━━ Material for this exercise ━━

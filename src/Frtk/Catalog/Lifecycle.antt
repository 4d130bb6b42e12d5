-- ===== src/Frtk/Catalog/Lifecycle.antt =====
-- Generations of the catalog of native/host/frtk_catalog.cpp: which handles it resolves.
use cfb27_lua_hook.Prelude.{
  ℕ, ◌^◌, ◌<◌, ◌≡◌, refl, sym, subst, ◌∙◌, ◌≢◌, inl, inr, Bool, true, false, ◌&&◌, none, some, List,
  [], ◌∷◌, arith, ◌==◌, if◌then◌else◌, ==→eq, Bool-cases, Option-cases, find_if, find_if-holds, All,
}
use cfb27_lua_hook.Frtk.Schema.{SchemaRegistry, TableProfile, ProfileBundle}
use cfb27_lua_hook.Frtk.Catalog.{
  TableHandle, DiscoveryResult, CatalogDescriptor, Entry, SessionCatalog, next_generation, entry_of,
  install_table, install_tables, install, get_handle, resolve, invalidate, advance_lifecycle,
  contains, keep_entries, quarantine,
}

-- The generation has 64 bits, every entry is of it, and before the first there are no entries.
pub record IsSession (c : SessionCatalog) : Type 0 where
  pub bounded : c.generation < 2 ^ 64
  pub current : All (λ (e : Entry). e.descriptor.lifecycle_generation ≡ c.generation) c.entries
  pub started : c.generation ≡ 0 → c.entries ≡ []

next_generation-new :
    (g : ℕ)
    → g < 2 ^ 64
    → (0 < next_generation g) × (next_generation g < 2 ^ 64) × (next_generation g ≢ g)
unfolding next_generation
next_generation-new g h = (ground arith, ground arith, λ e. ground arith)

install_table-current :
    (g : ℕ) (profile : ProfileBundle) (discovery : DiscoveryResult) (table : TableProfile)
    (e : Entry)
    → install_table g profile discovery table ≡ some e
    → e.descriptor.lifecycle_generation ≡ g
unfolding install_table entry_of
install_table-current g profile discovery table e h = ground arith

install_tables-current :
    (g : ℕ) (profile : ProfileBundle) (discovery : DiscoveryResult) (tables : List TableProfile)
    → All
        (λ (e : Entry). e.descriptor.lifecycle_generation ≡ g)
        (install_tables g profile discovery tables)
unfolding install_tables
install_tables-current g profile discovery [] = tt
install_tables-current g profile discovery (table ∷ tables) =
    elim (Option-cases (install_table g profile discovery table)) [
      | inl skipped ↦
          rw (skipped, install_tables) (install_tables-current g profile discovery tables)
      | inr (e, there) ↦
          rw (there, install_tables)
            (
              install_table-current g profile discovery table e there,
              install_tables-current g profile discovery tables,
            )
    ]

keep_entries-current :
    (ids : List ℕ) (g : ℕ) (entries : List Entry)
    → All (λ (e : Entry). e.descriptor.lifecycle_generation ≡ g) (keep_entries ids g entries)
unfolding keep_entries
keep_entries-current ids g [] = tt
keep_entries-current ids g (e ∷ es) = elim (Bool-cases (contains ids e.descriptor.unique_id)) [
  | inl gone ↦ rw gone (keep_entries-current ids g es)
  | inr stays ↦ rw stays (refl, keep_entries-current ids g es)
]

-- What may happen to the catalog: an installation, the loss of the game's state or of some tables,
-- and the changes of the game's readiness.
pub data Step : SessionCatalog → SessionCatalog → Type 0 where
  installs :
      (c : SessionCatalog) (profile : ProfileBundle) (discovery : DiscoveryResult)
      → Step c (install profile discovery c)
  invalidates : (c : SessionCatalog) → Step c (invalidate c)
  advances : (c : SessionCatalog) (ready : Bool) → Step c (advance_lifecycle ready c)
  quarantines : (c : SessionCatalog) (ids : List ℕ) → Step c (quarantine ids c)

pub data Reach (c : SessionCatalog) : SessionCatalog → Type 0 where
  here : Reach c c
  next : {d e : SessionCatalog} → Reach c d → Step d e → Reach c e

invalidate-IsSession : (c : SessionCatalog) → IsSession c → IsSession (invalidate c)
unfolding invalidate
invalidate-IsSession c v =
    let (pos, small, other) = next_generation-new c.generation v.bounded in
    record { bounded = small; current = tt; started = λ e. absurd (omega arith) }

advance_lifecycle-IsSession :
    (c : SessionCatalog) (ready : Bool) → IsSession c → IsSession (advance_lifecycle ready c)
unfolding advance_lifecycle invalidate
advance_lifecycle-IsSession c true v = record {
  bounded = v.bounded;
  current = v.current;
  started = v.started;
}
advance_lifecycle-IsSession c false v = lose c.game_ready
  where
    lose :
        (ready : Bool)
        → IsSession (if ready then record (invalidate c) { game_ready = false } else c)
    lose true =
        let (pos, small, other) = next_generation-new c.generation v.bounded in
        record { bounded = small; current = tt; started = λ e. absurd (omega arith) }
    lose false = v

Step-IsSession : {c d : SessionCatalog} → Step c d → IsSession c → IsSession d
unfolding install advance_lifecycle quarantine
Step-IsSession (installs c profile discovery) v =
    let (pos, small, other) = next_generation-new c.generation v.bounded in
    let g = next_generation c.generation in
    elim (Bool-cases discovery.valid) [
      | inl valid ↦ record {
        bounded = small;
        current =
            subst
              (λ b.
                All (λ (e : Entry). e.descriptor.lifecycle_generation ≡ g)
                  (if b then install_tables g profile discovery profile.tables else []))
              (sym valid) (install_tables-current g profile discovery profile.tables);
        started = λ e. absurd (omega arith);
      }
      | inr invalid ↦ record {
        bounded = small;
        current =
            subst
              (λ b.
                All (λ (e : Entry). e.descriptor.lifecycle_generation ≡ g)
                  (if b then install_tables g profile discovery profile.tables else []))
              (sym invalid) tt;
        started = λ e. absurd (omega arith);
      }
    ]
Step-IsSession (invalidates c) v = invalidate-IsSession c v
Step-IsSession (advances c ready) v = advance_lifecycle-IsSession c ready v
Step-IsSession (quarantines c ids) v =
    let (pos, small, other) = next_generation-new c.generation v.bounded in
    record {
      bounded = small;
      current = keep_entries-current ids (next_generation c.generation) c.entries;
      started = λ e. absurd (omega arith);
    }

-- The catalog of a new session.
abbrev pub new_session : SchemaRegistry → SessionCatalog
new_session schema = record { generation = 0; game_ready = true; schema = schema; entries = [] }

-- In every session that a new one can become, all entries are of the one generation, which has 64
-- bits, and generation 0 has none.
pub Reach-IsSession :
    (schema : SchemaRegistry) {c : SessionCatalog} → Reach (new_session schema) c → IsSession c
Reach-IsSession schema here = record { bounded = omega arith; current = tt; started = λ e. refl }
Reach-IsSession schema (next r s) = Step-IsSession s (Reach-IsSession schema r)

find_if-current :
    (g id : ℕ) (entries : List Entry) (e : Entry)
    → All (λ (e : Entry). e.descriptor.lifecycle_generation ≡ g) entries
    → find_if (λ (e : Entry). e.descriptor.unique_id == id) entries ≡ some e
    → find_if
        (λ (e : Entry). (e.descriptor.unique_id == id) && (e.descriptor.lifecycle_generation == g))
        entries
      ≡ some e
unfolding find_if
find_if-current g id [] e v h = cc
find_if-current g id (x ∷ xs) e v h =
    let here : (x.descriptor.lifecycle_generation == g) ≡ true = ground (arith, v.0) in
    elim (Bool-cases (x.descriptor.unique_id == id)) [
      | inl same ↦ ground (arith, here)
      | inr other ↦ ground (arith, here, find_if-current g id xs e v.1)
    ]

-- A handle that a session gives out resolves in it, to the descriptor of the table asked for, of the
-- session's generation.
pub resolve-get_handle :
    (c : SessionCatalog) (id : ℕ) (handle : TableHandle)
    → IsSession c
    → get_handle c id ≡ some handle
    → (d : CatalogDescriptor) × (resolve c handle ≡ some d)
      × (d.unique_id ≡ id)
      × (d.lifecycle_generation ≡ c.generation)
unfolding get_handle resolve
resolve-get_handle c id handle v h =
    let test = λ (e : Entry). e.descriptor.unique_id == id in
    elim (Option-cases (find_if test c.entries)) [
      | inl nothing ↦ absurd (ground arith)
      | inr (e, found) ↦
          let both = find_if-current c.generation id c.entries e v.current found in
          let holds =
            find_if-holds
              (λ (e : Entry).
                (e.descriptor.unique_id == id)
                && (e.descriptor.lifecycle_generation == c.generation))
              c.entries e both in
          let made : handle ≡ record { unique_id = id; generation = c.generation } = ground arith in
          (e.descriptor, ground (arith, both), ground (arith, holds), ground (arith, holds))
    ]

-- In a session whose game is ready, a handle of its generation resolves no longer after an
-- installation, after the tables were invalidated, after some were quarantined, and after the game
-- has ceased to be ready.
pub resolve-stale :
    (c : SessionCatalog) (handle : TableHandle) (profile : ProfileBundle)
    (discovery : DiscoveryResult) (ids : List ℕ)
    → IsSession c
    → handle.generation ≡ c.generation
    → c.game_ready ≡ true
    → (resolve (install profile discovery c) handle ≡ none)
      × (resolve (invalidate c) handle ≡ none)
      × (resolve (quarantine ids c) handle ≡ none)
      × (resolve (advance_lifecycle false c) handle ≡ none)
unfolding resolve install invalidate quarantine advance_lifecycle
resolve-stale c handle profile discovery ids v h ready =
    let (pos, small, other) = next_generation-new c.generation v.bounded in
    let stale : (handle.generation == next_generation c.generation) ≡ false =
      elim (Bool-cases (handle.generation == next_generation c.generation)) [
        | inl same ↦ absurd (other (sym (==→eq _ _ same) ∙ h))
        | inr differs ↦ differs
      ] in
    (rw stale refl, rw stale refl, rw stale refl, ground (arith, stale))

━━━

## What needs to be done
If a line in the records above includes the string "Option", copy it.

## Your solution
  [], ◌∷◌, arith, ◌==◌, if◌then◌else◌, ==→eq, Bool-cases, Option-cases, find_if, find_if-holds, All,
    elim (Option-cases (install_table g profile discovery table)) [
    elim (Option-cases (find_if test c.entries)) [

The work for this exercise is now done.